U.S. Pat. No. 5,208,757 disclosed a system of determining the flying target location. The first memory includes different types of landmarks, and the second memory includes the location of the landmarks. By using a sensor to receive the signal from the landmarks, the system then uses the Kalman filter to compute the relative location of the flying target.
U.S. Pat. No. 5,525,995 disclosed a radar system of detecting the location and trajectory of the target using Doppler effect. By using a nonlinear least square (NLS) estimator to detect the initial velocity and initial location of the target, the system then uses the Kalman filter to predict the trajectory. The difference between the measurement and the Doppler-effect estimation is then used as in index to the predicted trajectory.
U.S. Pat. No. 6,082,666 disclosed a system of accurate prediction of vertical velocity and height of missiles. The system can be installed on a missile to combine with Kalman filter application. The Kalman filter consists of two parts. The first part is the vertical velocity of the missile, and the second part is the vertical height of the missile.
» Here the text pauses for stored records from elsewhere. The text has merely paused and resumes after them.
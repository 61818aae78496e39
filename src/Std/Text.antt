-- ===== src/Std/Text.antt =====
-- `String` and `&str` by their UTF-8 bytes, and the string functions that the source calls.
pub mod Trimming
pub mod Padding
pub mod Bytes
pub mod Searching
pub mod Excluding
use Prim.Native.Char.{code}
use Prim.Native.String
use bound_seal.Common.{
  ℕ, zero, suc, ◌+◌, ◌-◌, ◌<◌, ◌/◌, ◌%◌, String, ◌≡◌, Bool, true, false, not, ◌&&◌, ◌||◌, List, [],
  ◌∷◌, ◌++◌, map, reverse, ltb, leb, ◌==◌, if◌then◌else◌, length, is_empty, all, any, get_or, drop,
}
use bound_seal.Std.Order.{same, list_ord, nat_ord}

abbrev pub Text : Type 0
Text = List ℕ

-- A literal of the source; all its literals are ASCII.
unfoldable pub text : String → Text
text String.[] = []
text (String.◌∷◌ c s) = code c ∷ text s

-- `==` and `!=` on strings
abbrev pub eq_text : Text → Text → Bool
eq_text s t = same s t

abbrev pub between : ℕ → ℕ → ℕ → Bool
between lo hi c = leb lo c && leb c hi

abbrev pub is_ascii_digit : ℕ → Bool
is_ascii_digit c = between b'0' b'9' c

abbrev pub is_ascii_lowercase : ℕ → Bool
is_ascii_lowercase c = between b'a' b'z' c

abbrev pub is_ascii_uppercase : ℕ → Bool
is_ascii_uppercase c = between b'A' b'Z' c

abbrev pub is_ascii_alphanumeric : ℕ → Bool
is_ascii_alphanumeric c = is_ascii_digit c || is_ascii_lowercase c || is_ascii_uppercase c

abbrev pub lower : ℕ → ℕ
lower c = if is_ascii_uppercase c then c + 32 else c

abbrev pub upper : ℕ → ℕ
upper c = if is_ascii_lowercase c then c - 32 else c

abbrev pub to_ascii_lowercase : Text → Text
to_ascii_lowercase = map lower

abbrev pub to_ascii_uppercase : Text → Text
to_ascii_uppercase = map upper

-- The characters with the Unicode property White_Space, by the bytes of their encodings.
abbrev pub is_space1 : ℕ → Bool
is_space1 c = between 9 13 c || c == 32

abbrev is_space2 : ℕ → ℕ → Bool
is_space2 a b = a == 0xc2 && (b == 0x85 || b == 0xa0)

abbrev is_space3 : ℕ → ℕ → ℕ → Bool
is_space3 a b c =
    (a == 0xe1 && b == 0x9a && c == 0x80)
    || (a == 0xe2 && b == 0x80 && (between 0x80 0x8a c || c == 0xa8 || c == 0xa9 || c == 0xaf))
    || (a == 0xe2 && b == 0x81 && c == 0x9f)
    || (a == 0xe3 && b == 0x80 && c == 0x80)

-- How many bytes the white space at the front takes; 0 where there is none.
front_space3 : ℕ → ℕ → Text → ℕ
front_space3 a b [] = 0
front_space3 a b (c ∷ r) = if is_space3 a b c then 3 else 0

front_space2 : ℕ → Text → ℕ
unfolding front_space3
front_space2 a [] = 0
front_space2 a (b ∷ r) = if is_space2 a b then 2 else front_space3 a b r

front_space : ℕ → Text → ℕ
unfolding front_space2
front_space a r = if is_space1 a then 1 else front_space2 a r

-- The same at the end of a text that is read backwards.
back_space3 : ℕ → ℕ → Text → ℕ
back_space3 c b [] = 0
back_space3 c b (a ∷ r) = if is_space3 a b c then 3 else 0

back_space2 : ℕ → Text → ℕ
unfolding back_space3
back_space2 c [] = 0
back_space2 c (b ∷ r) = if is_space2 b c then 2 else back_space3 c b r

back_space : ℕ → Text → ℕ
unfolding back_space2
back_space c r = if is_space1 c then 1 else back_space2 c r

-- `skip` bytes of a white space character are still to be dropped.
strip : (ℕ → Text → ℕ) → ℕ → Text → Text
strip space skip [] = []
strip space (suc k) (c ∷ r) = strip space k r
strip space zero (c ∷ r) = elim (space c r) [ zero ↦ c ∷ r | suc k ↦ strip space k r ]

-- `str::trim`
unfoldable pub trim : Text → Text
unfolding strip front_space back_space
trim s = reverse (strip back_space 0 (reverse (strip front_space 0 s)))

-- `trim_end_matches(byte)`
unfoldable pub trim_end_matches : ℕ → Text → Text
trim_end_matches b [] = []
trim_end_matches b (c ∷ r) =
    let rest = trim_end_matches b r in if is_empty rest && c == b then [] else c ∷ rest

-- `split(byte)`: the labels between the separators, at least one.
abbrev pub cons_first : ℕ → List Text → List Text
cons_first c [] = (c ∷ []) ∷ []
cons_first c (w ∷ ws) = (c ∷ w) ∷ ws

unfoldable pub split : ℕ → Text → List Text
split b [] = [] ∷ []
split b (c ∷ r) = let rest = split b r in if c == b then [] ∷ rest else cons_first c rest

abbrev pub starts_with : ℕ → Text → Bool
starts_with b [] = false
starts_with b (c ∷ r) = c == b

unfoldable pub ends_with : ℕ → Text → Bool
ends_with b [] = false
ends_with b (c ∷ r) = if is_empty r then c == b else ends_with b r

-- `contains(char)` for an ASCII character
abbrev pub contains_byte : ℕ → Text → Bool
contains_byte b = any (λ c. c == b)

-- `starts_with("…")`
abbrev pub is_prefix : Text → Text → Bool
is_prefix [] t = true
is_prefix (x ∷ xs) [] = false
is_prefix (x ∷ xs) (y ∷ ys) = x == y && is_prefix xs ys

-- `contains("…")`
unfoldable pub contains_text : Text → Text → Bool
contains_text p [] = is_empty p
contains_text p (c ∷ r) = is_prefix p (c ∷ r) || contains_text p r

-- `s.ends_with(suffix)` for a suffix that is no longer than `s`
abbrev pub ends_with_text : Text → Text → Bool
ends_with_text suffix s = eq_text (drop (length s - length suffix) s) suffix

-- `{n}` of an unsigned number, with fuel for its digits.
digits_fuel : ℕ → ℕ → Text
digits_fuel zero n = (b'0' + n % 10) ∷ []
digits_fuel (suc f) n =
    let rest = digits_fuel f (n / 10) in
    if ltb n 10 then (b'0' + n) ∷ [] else rest ++ (b'0' + n % 10) ∷ []

-- `{n}` for a `u64` or a smaller type: at most 20 digits.
unfoldable pub decimal : ℕ → Text
unfolding digits_fuel
decimal n = digits_fuel 19 n

-- `{n:0width$}` for a number of at most `width` digits.
unfoldable pub padded : ℕ → ℕ → Text
padded zero n = []
padded (suc w) n = padded w (n / 10) ++ (b'0' + n % 10) ∷ []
U.S. Pat. No. 6,845,938 disclosed an apparatus of periodically guiding targets. The apparatus constructs a re-constructed line-of-sight (LOS) and uses harmonically balanced Kalman filter banks to construct a set of guidance command signals. The signal set is perpendicular to the LOS of the target, and the signal is used to an automatic navigator.
U.S. Pat. No. 7,034,742 disclosed an application of two Kalman filters. The first Kalman filter can predict the vehicle state from the yaw rate and speed of the moving vehicle, and the second Kalman filter obtains the road curvature parameters. The system is applicable to warning system, safety system and vehicle control system.
U.S. Pat. No. 7,046,188 disclosed a system and method of tracking target. In the embodiment of the disclosed patent, when a target is detected, the Kalman filter is used for tracking. After losing the detection, a blind zone particle filter can be used until the probability that the target is located in the blind zone exceeds a threshold. When the probability that the target is in the unrestricted zone is higher than the threshold, the blind zone particle filter and the unrestricted zone particle filter can compute simultaneously. Then, the system can resume the Kalman filter for tracking.